Report each line of the data below in which "Claims" appears.

Saved data entries:
· · · ·

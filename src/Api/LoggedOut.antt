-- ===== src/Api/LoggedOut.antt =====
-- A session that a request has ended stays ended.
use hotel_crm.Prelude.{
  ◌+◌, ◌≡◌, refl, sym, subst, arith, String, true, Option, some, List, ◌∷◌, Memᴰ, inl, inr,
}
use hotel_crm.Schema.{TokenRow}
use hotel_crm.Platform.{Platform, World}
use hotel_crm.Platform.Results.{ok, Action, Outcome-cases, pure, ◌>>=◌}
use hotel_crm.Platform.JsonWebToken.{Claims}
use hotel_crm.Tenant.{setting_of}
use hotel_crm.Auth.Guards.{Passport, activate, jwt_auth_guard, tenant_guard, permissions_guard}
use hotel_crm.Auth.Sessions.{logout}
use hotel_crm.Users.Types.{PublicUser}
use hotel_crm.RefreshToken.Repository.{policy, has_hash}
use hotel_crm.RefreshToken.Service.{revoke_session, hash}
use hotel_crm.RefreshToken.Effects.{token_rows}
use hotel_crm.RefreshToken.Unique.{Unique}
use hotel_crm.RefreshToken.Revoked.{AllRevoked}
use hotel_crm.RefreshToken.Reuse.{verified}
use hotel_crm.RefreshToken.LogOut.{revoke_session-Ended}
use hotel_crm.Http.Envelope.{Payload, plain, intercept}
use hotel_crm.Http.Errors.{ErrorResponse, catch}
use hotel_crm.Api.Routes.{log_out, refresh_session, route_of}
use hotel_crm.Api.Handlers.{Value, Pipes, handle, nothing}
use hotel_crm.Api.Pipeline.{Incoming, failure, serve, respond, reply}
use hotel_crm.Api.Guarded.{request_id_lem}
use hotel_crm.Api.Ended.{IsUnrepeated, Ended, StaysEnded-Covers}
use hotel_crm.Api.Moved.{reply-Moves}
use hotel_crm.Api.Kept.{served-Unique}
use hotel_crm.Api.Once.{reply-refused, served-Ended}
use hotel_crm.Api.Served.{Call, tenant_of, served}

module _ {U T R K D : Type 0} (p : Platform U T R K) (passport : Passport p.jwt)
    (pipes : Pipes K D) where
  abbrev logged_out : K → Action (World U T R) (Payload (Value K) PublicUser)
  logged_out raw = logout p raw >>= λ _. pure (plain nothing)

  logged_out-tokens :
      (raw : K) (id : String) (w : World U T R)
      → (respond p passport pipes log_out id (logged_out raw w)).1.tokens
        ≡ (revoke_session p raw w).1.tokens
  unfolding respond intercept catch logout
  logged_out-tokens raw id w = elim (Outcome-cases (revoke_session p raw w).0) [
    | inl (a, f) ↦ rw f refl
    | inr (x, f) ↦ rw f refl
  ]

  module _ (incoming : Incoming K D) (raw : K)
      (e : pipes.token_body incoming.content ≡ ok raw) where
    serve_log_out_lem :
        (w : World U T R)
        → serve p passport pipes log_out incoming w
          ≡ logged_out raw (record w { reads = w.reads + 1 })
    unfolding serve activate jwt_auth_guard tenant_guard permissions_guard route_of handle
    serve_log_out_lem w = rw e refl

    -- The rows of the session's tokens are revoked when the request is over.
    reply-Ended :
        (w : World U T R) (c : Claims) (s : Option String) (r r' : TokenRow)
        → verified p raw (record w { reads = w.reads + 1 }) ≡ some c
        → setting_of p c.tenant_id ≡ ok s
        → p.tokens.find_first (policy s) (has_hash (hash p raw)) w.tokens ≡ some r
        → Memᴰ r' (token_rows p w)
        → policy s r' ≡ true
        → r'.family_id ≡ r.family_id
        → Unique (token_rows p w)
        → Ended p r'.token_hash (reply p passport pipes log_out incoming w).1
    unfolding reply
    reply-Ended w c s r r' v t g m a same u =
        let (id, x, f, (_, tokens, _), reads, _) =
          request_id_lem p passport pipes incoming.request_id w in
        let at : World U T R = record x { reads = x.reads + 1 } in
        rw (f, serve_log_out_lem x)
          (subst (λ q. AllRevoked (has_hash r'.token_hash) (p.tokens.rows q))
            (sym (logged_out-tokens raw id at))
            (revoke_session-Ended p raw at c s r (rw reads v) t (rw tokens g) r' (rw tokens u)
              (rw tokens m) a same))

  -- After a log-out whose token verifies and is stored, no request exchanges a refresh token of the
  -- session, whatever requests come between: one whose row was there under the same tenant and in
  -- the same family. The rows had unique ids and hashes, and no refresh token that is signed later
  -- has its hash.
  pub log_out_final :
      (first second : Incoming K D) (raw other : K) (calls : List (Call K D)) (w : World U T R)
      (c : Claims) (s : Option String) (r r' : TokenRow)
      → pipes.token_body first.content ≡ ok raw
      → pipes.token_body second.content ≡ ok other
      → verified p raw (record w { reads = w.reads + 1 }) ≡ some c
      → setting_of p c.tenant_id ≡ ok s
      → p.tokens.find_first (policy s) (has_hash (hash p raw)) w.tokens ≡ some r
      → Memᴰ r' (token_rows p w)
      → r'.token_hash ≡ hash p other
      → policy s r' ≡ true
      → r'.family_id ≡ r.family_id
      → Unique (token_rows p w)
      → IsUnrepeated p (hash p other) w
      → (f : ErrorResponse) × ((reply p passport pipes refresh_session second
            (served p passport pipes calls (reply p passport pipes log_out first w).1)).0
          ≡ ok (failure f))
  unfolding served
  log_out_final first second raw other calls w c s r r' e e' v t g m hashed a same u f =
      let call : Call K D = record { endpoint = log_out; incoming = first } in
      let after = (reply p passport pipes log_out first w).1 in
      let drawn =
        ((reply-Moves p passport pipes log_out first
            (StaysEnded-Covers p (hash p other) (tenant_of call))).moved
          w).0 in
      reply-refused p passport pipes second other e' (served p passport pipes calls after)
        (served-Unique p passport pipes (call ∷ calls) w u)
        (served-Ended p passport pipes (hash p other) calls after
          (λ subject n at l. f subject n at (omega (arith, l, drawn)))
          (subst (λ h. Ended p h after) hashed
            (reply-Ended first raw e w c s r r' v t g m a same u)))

· · · ·

## Output of the exercise
use hotel_crm.Platform.JsonWebToken.{Claims}
        (w : World U T R) (c : Claims) (s : Option String) (r r' : TokenRow)
      (c : Claims) (s : Option String) (r r' : TokenRow)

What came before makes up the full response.